Quindi, la dimensione comunitaria e condivisa del patrimonio si colloca costituzionalmente su un livello superiore rispetto al patrimonio individuale. Pertanto, l'innalzamento delle pene edittali vigenti ha un preciso significato, ossia attuare pienamente il disposto costituzionale in forza del quale il patrimonio culturale e paesaggistico necessita di una tutela differenziata e preminente rispetto a quella offerta alla tutela della semplice proprietà privata. Faccio anch'io un passaggio rapido in merito alla cornice più ampia, internazionale, entro cui si colloca questa proposta di legge, cioè la Convenzione di Nicosia. Viene chiesto al nostro Paese di proteggere in modo più pregnante il patrimonio culturale, di collaborare con gli altri Stati, di creare nuovi strumenti per difendere e per proteggere il patrimonio culturale della comunità.

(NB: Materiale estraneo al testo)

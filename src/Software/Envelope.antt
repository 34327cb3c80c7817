-- ===== src/Software/Envelope.antt =====
-- Envelope encryption: the round trip, and the tenant that every step is bound to.
use ai_auth.Common.{◌≤◌, ◌^◌, ◌≡◌, ◌≢◌, refl, ok, err, length, arith, inl, inr, ◌⊎◌, Result-cases}
use ai_auth.Provider.{KeyHandle, decrypt}
use ai_auth.Software.{
  Primitives, SoftwareProvider, dek_len, aad, domain_dek_wrap, domain_field, aead_seal, kek,
  unwrap_dek, generate_wrapped_dek, encrypt_field, decrypt_field,
}
use ai_auth.Software.Assumptions.{IsAead, Forgery}
use ai_auth.Software.Frame.{aad_injective, length-aad}
use ai_auth.Software.Sealed.{
  Seals, aead_seal-Seals, aead_seal_total, aead_open-seal, aead_open_other,
}
use ai_auth.Text.{Str, Bytes, IsStr, len, as_bytes, str}

length-domains : (length domain_dek_wrap ≡ 18) × (length domain_field ≡ 15)
unfolding domain_dek_wrap domain_field as_bytes str
length-domains = (refl, refl)

module _ (P : Primitives) (h : IsAead P) where
  -- A wrapped key and what it wraps.
  record Wraps (p : SoftwareProvider) (handle : KeyHandle) (t : Str) (wrapped : Bytes)
      : Type 0 where
    material : Bytes
    dek : Bytes
    found : kek p handle ≡ ok material
    sized : length dek ≡ dek_len
    seals : Seals P h material (aad domain_dek_wrap t) dek wrapped

  generate_wrapped_dek-Wraps :
      (p : SoftwareProvider) (handle : KeyHandle) (t : Str) (wrapped : Bytes) (rng rng' : P.Rng)
      → generate_wrapped_dek P p handle t rng ≡ (ok wrapped, rng')
      → Wraps p handle t wrapped
  unfolding generate_wrapped_dek
  generate_wrapped_dek-Wraps p handle t wrapped rng rng' e = elim (Result-cases (kek p handle)) [
    | inr (x, bad) ↦ absurd (ground arith)
    | inl (k, found) ↦ record {
      material = k;
      dek = (P.fill_bytes dek_len rng).0;
      found = found;
      sized = h.fills dek_len rng;
      seals = aead_seal-Seals P h k _ _ (P.fill_bytes dek_len rng).1 rng' wrapped (ground arith);
    }
  ]

  unwrap_dek-Wraps :
      (p : SoftwareProvider) (handle : KeyHandle) (t : Str) (wrapped : Bytes)
      → (w : Wraps p handle t wrapped) → unwrap_dek P p handle t wrapped ≡ ok w.dek
  unfolding unwrap_dek
  unwrap_dek-Wraps p handle t wrapped w =
      ground (arith, w.found, aead_open-seal P h w.material _ w.dek wrapped w.seals)

  unwrap_dek_other :
      (p : SoftwareProvider) (handle : KeyHandle) (t other : Str) (wrapped : Bytes)
      → IsStr t
      → IsStr other
      → other ≢ t
      → Wraps p handle t wrapped
      → (unwrap_dek P p handle other wrapped ≡ err decrypt)
        ⊎ Forgery P (aad domain_dek_wrap t) (aad domain_dek_wrap other) wrapped
  unfolding unwrap_dek
  unwrap_dek_other p handle t other wrapped ht ho differ w =
      elim (aead_open_other P h w.material (aad domain_dek_wrap t) (aad domain_dek_wrap other) w.dek
        wrapped w.seals (λ e. differ (aad_injective domain_dek_wrap other t ho ht e))) [
          | inl shut ↦ inl (ground (arith, w.found, shut))
          | inr forged ↦ inr forged
        ]

  -- A wrapped key that was generated for one tenant does nothing for another: decryption and
  -- encryption fail alike, with the one undifferentiated error, before any field is touched; or the
  -- wrapped key is a forgery, which opens under the other tenant's associated data.
  pub other_tenant_refused :
      (p : SoftwareProvider) (handle : KeyHandle) (t other : Str) (wrapped text : Bytes)
      (rng rng' later : P.Rng)
      → IsStr t
      → IsStr other
      → other ≢ t
      → generate_wrapped_dek P p handle t rng ≡ (ok wrapped, rng')
      → ((decrypt_field P p handle other wrapped text ≡ err decrypt)
          × (encrypt_field P p handle other wrapped text later ≡ (err decrypt, later)))
        ⊎ Forgery P (aad domain_dek_wrap t) (aad domain_dek_wrap other) wrapped
  unfolding decrypt_field encrypt_field
  other_tenant_refused p handle t other wrapped text rng rng' later ht ho differ e =
      elim (unwrap_dek_other p handle t other wrapped ht ho differ
        (generate_wrapped_dek-Wraps p handle t wrapped rng rng' e)) [
          | inl refused ↦ inl (rw refused, rw (refused, encrypt_field))
          | inr forged ↦ inr forged
        ]

  -- A field that was sealed under a generated key opens to its text for the same tenant.
  pub decrypt_field-encrypt_field :
      (p : SoftwareProvider) (handle : KeyHandle) (t : Str) (wrapped text sealed : Bytes)
      (rng rng' before after : P.Rng)
      → generate_wrapped_dek P p handle t rng ≡ (ok wrapped, rng')
      → encrypt_field P p handle t wrapped text before ≡ (ok sealed, after)
      → decrypt_field P p handle t wrapped sealed ≡ ok text
  unfolding decrypt_field encrypt_field
  decrypt_field-encrypt_field p handle t wrapped text sealed rng rng' before after g e =
      let w = generate_wrapped_dek-Wraps p handle t wrapped rng rng' g in
      let opened = unwrap_dek-Wraps p handle t wrapped w in
      let sealed_ : aead_seal P w.dek (aad domain_field t) text before ≡ (ok sealed, after) =
        ground (arith, opened) in
      rw opened (
        aead_open-seal P h w.dek _ text sealed
          (aead_seal-Seals P h w.dek _ text before after sealed sealed_))

  generate_wrapped_dek_total :
      (p : SoftwareProvider) (handle : KeyHandle) (t : Str) (material : Bytes) (rng : P.Rng)
      → kek p handle ≡ ok material
      → length material ≡ 32
      → len t ≤ 2 ^ 32
      → (wrapped : Bytes) × (rng' : P.Rng) × (generate_wrapped_dek P p handle t rng
          ≡ (ok wrapped, rng'))
  unfolding generate_wrapped_dek
  generate_wrapped_dek_total p handle t material rng found size short =
      let (wrapped, rng', e) =
        aead_seal_total P h material (aad domain_dek_wrap t) (P.fill_bytes dek_len rng).0
          (P.fill_bytes dek_len rng).1 size
          (omega (arith, length-aad domain_dek_wrap t, length-domains.0))
          (omega (arith, h.fills dek_len rng)) in
      (wrapped, rng', rw (found, generate_wrapped_dek) e)

  -- With a key encryption key of 32 bytes, a tenant id of at most 2^32 bytes and a text of at most
  -- 2^36, the first write of a row succeeds and the row reads back: a key is generated, the text is
  -- sealed under it, and opening the result gives the text.
  pub envelope_round_trip :
      (p : SoftwareProvider) (handle : KeyHandle) (t : Str) (material text : Bytes) (rng : P.Rng)
      → kek p handle ≡ ok material
      → length material ≡ 32
      → len t ≤ 2 ^ 32
      → length text ≤ 2 ^ 36
      → (wrapped : Bytes) × (between : P.Rng) × (sealed : Bytes) × (after : P.Rng)
        × (generate_wrapped_dek P p handle t rng ≡ (ok wrapped, between))
        × (encrypt_field P p handle t wrapped text between ≡ (ok sealed, after))
        × (decrypt_field P p handle t wrapped sealed ≡ ok text)
  unfolding encrypt_field
  envelope_round_trip p handle t material text rng found size short bounded =
      let (wrapped, between, g) =
        generate_wrapped_dek_total p handle t material rng found size short in
      let w = generate_wrapped_dek-Wraps p handle t wrapped rng between g in
      let (sealed, after, s) =
        aead_seal_total P h w.dek (aad domain_field t) text between w.sized
          (omega (arith, length-aad domain_field t, length-domains.1)) bounded in
      let e : encrypt_field P p handle t wrapped text between ≡ (ok sealed, after) =
        rw (unwrap_dek-Wraps p handle t wrapped w, encrypt_field) s in
      (
        wrapped,
        between,
        sealed,
        after,
        g,
        e,
        decrypt_field-encrypt_field p handle t wrapped text sealed rng between between after g e,
      )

Queste necessità, peraltro, sono diventate oggi ancora più impellenti perché i reati contro i beni culturali, analizzando non solo la situazione italiana ma quella generale e globale, sono in crescita per diversi motivi.

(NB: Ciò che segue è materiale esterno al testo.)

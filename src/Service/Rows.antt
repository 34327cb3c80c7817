-- ===== src/Service/Rows.antt =====
-- Rows over the service, with the software provider behind it.
use ai_auth.Common.{
  ◌⊎◌, ℕ, ◌≡◌, ◌≢◌, ap, sym, subst, ◌∙◌, List, [], some, ok, err, arith, Result-cases, inl, inr,
}
use ai_auth.Limits.{Key, Bucket}
use ai_auth.Limits.Float.{F64}
use ai_auth.Proto.{
  RequestContext, permission_denied, EncryptFieldRequest, EncryptFieldResponse, DecryptFieldRequest,
}
use ai_auth.Provider.{KeyHandle, decrypt}
use ai_auth.Service.Begins.{charged}
use ai_auth.Service.Gate.{Authorised, serve-Authorised, serve-body, some-eq}
use ai_auth.Service.Guard.{Guard, State, returned, fail, fail_status}
use ai_auth.Service.Handlers.{encrypt_field_body, seal_row, decrypt_field_body, refuse}
use ai_auth.Service.Serve.{serve, encrypts, decrypts}
use ai_auth.Software
use ai_auth.Software.{Primitives, domain_dek_wrap, SoftwareProvider, software}
use ai_auth.Software.Assumptions.{IsAead, Forgery}
use ai_auth.Software.Envelope.{other_tenant_refused, decrypt_field-encrypt_field}
use ai_auth.Text.{Str, Bytes, IsStr, str}
use ai_auth.Webauthn.{Libraries}

module _ (P : Primitives) (h : IsAead P) (p : SoftwareProvider) (floats : F64)
    (iter : List (Key × Bucket floats) → List (Key × Bucket floats)) (libraries : Libraries)
    (index_key kek : KeyHandle) where
  abbrev pub guard : Guard
  guard = record {
    floats = floats;
    iter = iter;
    libraries = libraries;
    provider = software P p;
    index_key = index_key;
    kek = kek;
  }

  -- A reply to a first write, and the generated key and sealed text in it.
  record Minted (tenant : Str) (text : Bytes) (reply : EncryptFieldResponse) : Type 0 where
    rng : P.Rng
    between : P.Rng
    after : P.Rng
    generated : Software.generate_wrapped_dek P p kek tenant rng ≡ (ok reply.wrapped_dek, between)
    sealed :
        Software.encrypt_field P p kek tenant reply.wrapped_dek text between
        ≡ (ok reply.ciphertext, after)

  encrypt_field_body-Minted :
      (e : EncryptFieldRequest) (tenant : Str) (s : State guard) (reply : EncryptFieldResponse)
      → e.wrapped_dek ≡ []
      → (encrypt_field_body guard e tenant s).0 ≡ returned (ok reply)
      → Minted tenant e.plaintext reply
  unfolding encrypt_field_body seal_row refuse fail
  encrypt_field_body-Minted e tenant s reply first out =
      elim (Result-cases (Software.generate_wrapped_dek P p kek tenant s.held).0) [
        | inr (x, bad) ↦ absurd (ground arith)
        | inl (w, minted) ↦
            elim (Result-cases
              (Software.encrypt_field P p kek tenant w e.plaintext
                (Software.generate_wrapped_dek P p kek tenant s.held).1).0) [
                  | inr (x, bad) ↦ absurd (ground arith)
                  | inl (ct, sealed) ↦ record {
                    rng = s.held;
                    between = (Software.generate_wrapped_dek P p kek tenant s.held).1;
                    after =
                        (Software.encrypt_field P p kek tenant w e.plaintext
                          (Software.generate_wrapped_dek P p kek tenant s.held).1).1;
                    generated = ground arith;
                    sealed = ground arith;
                  }
                ]
      ]

  first_write-Minted :
      (now : ℕ) (e : EncryptFieldRequest) (s : State guard) (reply : EncryptFieldResponse)
      → e.wrapped_dek ≡ []
      → (serve guard now (encrypts e) s).0 ≡ returned (ok reply)
      → (w : Authorised guard now (encrypts e) s) × Minted w.ctx.tenant_id e.plaintext reply
  first_write-Minted now e s reply first out =
      let w = serve-Authorised guard now (encrypts e) s reply out in
      (
        w,
        encrypt_field_body-Minted e w.ctx.tenant_id (charged guard now _ w.ctx s) reply first
            (sym (ap (λ x. x.0) (serve-body guard now (encrypts e) s w)) ∙ out),
      )

  decrypt_field_body-opened :
      (d : DecryptFieldRequest) (tenant : Str) (s : State guard) (text : Bytes)
      → Software.decrypt_field P p kek tenant d.wrapped_dek d.ciphertext ≡ ok text
      → (decrypt_field_body guard d tenant s).0 ≡ returned (ok (record { plaintext = text }))
  unfolding decrypt_field_body
  decrypt_field_body-opened d tenant s text opened = rw (opened, decrypt_field_body)

  decrypt_field_body-refused :
      (d : DecryptFieldRequest) (tenant : Str) (s : State guard)
      → Software.decrypt_field P p kek tenant d.wrapped_dek d.ciphertext ≡ err decrypt
      → (decrypt_field_body guard d tenant s).0
        ≡ returned (err (permission_denied (str "not available for this context")))
  unfolding decrypt_field_body refuse fail fail_status
  decrypt_field_body-refused d tenant s closed = rw (closed, decrypt_field_body)

  -- With a cipher that opens what it seals, a row that a first write sealed is read back, at the
  -- same guard, by every later authorised request of its tenant, whoever the subject and whatever
  -- the state in between.
  pub serve-decrypts-encrypts :
      (now later : ℕ) (e : EncryptFieldRequest) (d : DecryptFieldRequest) (s t : State guard)
      (reply : EncryptFieldResponse) (c : RequestContext)
      → e.context ≡ some c
      → e.wrapped_dek ≡ []
      → (serve guard now (encrypts e) s).0 ≡ returned (ok reply)
      → (r : Authorised guard later (decrypts d) t) → r.ctx.tenant_id ≡ c.tenant_id
      → d.wrapped_dek ≡ reply.wrapped_dek
      → d.ciphertext ≡ reply.ciphertext
      → (serve guard later (decrypts d) t).0 ≡ returned (ok (record { plaintext = e.plaintext }))
  serve-decrypts-encrypts now later e d s t reply c present first out r tenant dek ct =
      let (w, m) = first_write-Minted now e s reply first out in
      let same : w.ctx ≡ c = some-eq (sym w.present ∙ present) in
      let tenants : r.ctx.tenant_id ≡ w.ctx.tenant_id = tenant ∙ ap (λ x. x.tenant_id) (sym same) in
      let opened =
        decrypt_field-encrypt_field P h p kek w.ctx.tenant_id reply.wrapped_dek e.plaintext
          reply.ciphertext m.rng m.between m.between m.after m.generated m.sealed in
      ap (λ x. x.0) (serve-body guard later (decrypts d) t r)
      ∙ decrypt_field_body-opened d r.ctx.tenant_id _ e.plaintext (rw (tenants, dek, ct) opened)

  -- A row that a first write sealed is refused to every authorised request of any other tenant,
  -- with an answer that does not say why; or the row's wrapped key is a forgery, which opens
  -- under the other tenant's associated data.
  pub serve-decrypts_other :
      (now later : ℕ) (e : EncryptFieldRequest) (d : DecryptFieldRequest) (s t : State guard)
      (reply : EncryptFieldResponse) (c : RequestContext)
      → e.context ≡ some c
      → e.wrapped_dek ≡ []
      → (serve guard now (encrypts e) s).0 ≡ returned (ok reply)
      → (r : Authorised guard later (decrypts d) t) → IsStr r.ctx.tenant_id
      → IsStr c.tenant_id
      → r.ctx.tenant_id ≢ c.tenant_id
      → d.wrapped_dek ≡ reply.wrapped_dek
      → ((serve guard later (decrypts d) t).0
          ≡ returned (err (permission_denied (str "not available for this context"))))
        ⊎ Forgery P
            (Software.aad domain_dek_wrap c.tenant_id)
            (Software.aad domain_dek_wrap r.ctx.tenant_id)
            reply.wrapped_dek
  serve-decrypts_other now later e d s t reply c present first out r hr hc differ dek =
      let (w, m) = first_write-Minted now e s reply first out in
      let same : w.ctx ≡ c = some-eq (sym w.present ∙ present) in
      let tenant : w.ctx.tenant_id ≡ c.tenant_id = ap (λ x. x.tenant_id) same in
      elim (other_tenant_refused P h p kek w.ctx.tenant_id r.ctx.tenant_id reply.wrapped_dek
        d.ciphertext m.rng m.between t.held (subst IsStr (sym tenant) hc) hr
        (λ e. differ (e ∙ tenant)) m.generated) [
          | inr forged ↦ inr (rw (sym tenant) forged)
          | inl (closed, _) ↦ inl (
              ap (λ x. x.0) (serve-body guard later (decrypts d) t r)
              ∙ decrypt_field_body-refused d r.ctx.tenant_id _ (rw dek closed))
        ]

Per l'esistenza di gruppi terroristici impegnati nella deliberata distruzione del patrimonio e nel commercio illecito come fonte di finanziamento delle proprie attività: penso anche ai gravi impatti del turismo di massa e di consumo sulle grandi città d'arte; penso alla disaffezione verso il nostro patrimonio nei contesti di maggiore degrado sociale e culturale; penso ormai anche ai conflitti bellici, che speravamo fossero soltanto un lontano ricordo.

Sempre la Convenzione di Nicosia, però, sollecita anche il bisogno di prevenire queste tipologie di reati, e io vorrei che fosse questa la più grande operazione di accompagnamento a questa legge, anche in prospettiva futura. In un'intervista di qualche tempo fa il professor Vittorino Andreoli ha descritto la cornice di civiltà disastrosa all'interno della quale l'Italia e l'Occidente sembra si stiano inesorabilmente collocando. La cultura - dice Andreoli - dovrebbe essere quella condizione in cui rispettiamo gli altri, ma c'è come ostacolo un'ignoranza spaventosa. Bisogna poter parlare, spiegare, capirsi. Ecco, quindi, che torna il ruolo educativo, il patto fra culture e istituzioni non solo scolastiche. Perfino durante la pandemia, come testimoniato anche da numerosi organi di stampa, diversi monumenti e luoghi di culto della nostra penisola sono stati oggetto di episodi di vandalismo, di deturpazione, in tutta Italia.

Nel solo mese di agosto 2020 sono stati segnalati, fra gli altri, il caso del monumento a Pellegrino Rossi, a Carrara, la chiesetta rupestre di Santo Stefano vicino Alessano, a Macurano, la statua in omaggio di Andrea Camilleri, ad Agrigento, le sette sculture della Biennale internazionale di arte sacra contemporanea, a Porto Rotondo. Per questo motivo decisi di depositare proprio un'interrogazione per segnalare l'urgenza di portare a termine questo provvedimento ed invitai, ancora una volta, a valutare l'opportunità di adottare tutte le iniziative che potessero in qualche modo contribuire ad accrescere questi atteggiamenti di responsabilizzazione verso il nostro patrimonio e aiutassero ad acquisire maggiore coscienza del suo valore per l'intera società, anche attraverso un coinvolgimento rieducativo nelle operazioni di recupero e restauro delle opere danneggiate.

Dico che si deve seriamente prendere in considerazione il tema della partecipazione rieducativa agli eventi culturali e, di questo, lo stesso Ministero ha piena contezza perché, rispondendo ad una mia interrogazione lo scorso anno, si è detto ben consapevole degli interventi da effettuare per la tutela del patrimonio culturale italiano, sottolineando - e cito testualmente - che “La previsione di una modifica sanzionatoria più severa rispetto all'attuale e l'introduzione di nuovi reati, pur avendo nel complesso un effetto deterrente, non costituiscono l'unica soluzione”.

Quindi, è chiaro che il tema della tutela e della valorizzazione del patrimonio sia indissolubilmente legato a quello dell'educazione all'arte e al rispetto consapevole del patrimonio, perché solo acquisendo piena consapevolezza del valore comune di questo patrimonio si potrà scongiurare il ripetersi di gravi atti di deturpazione ai danni dello stesso.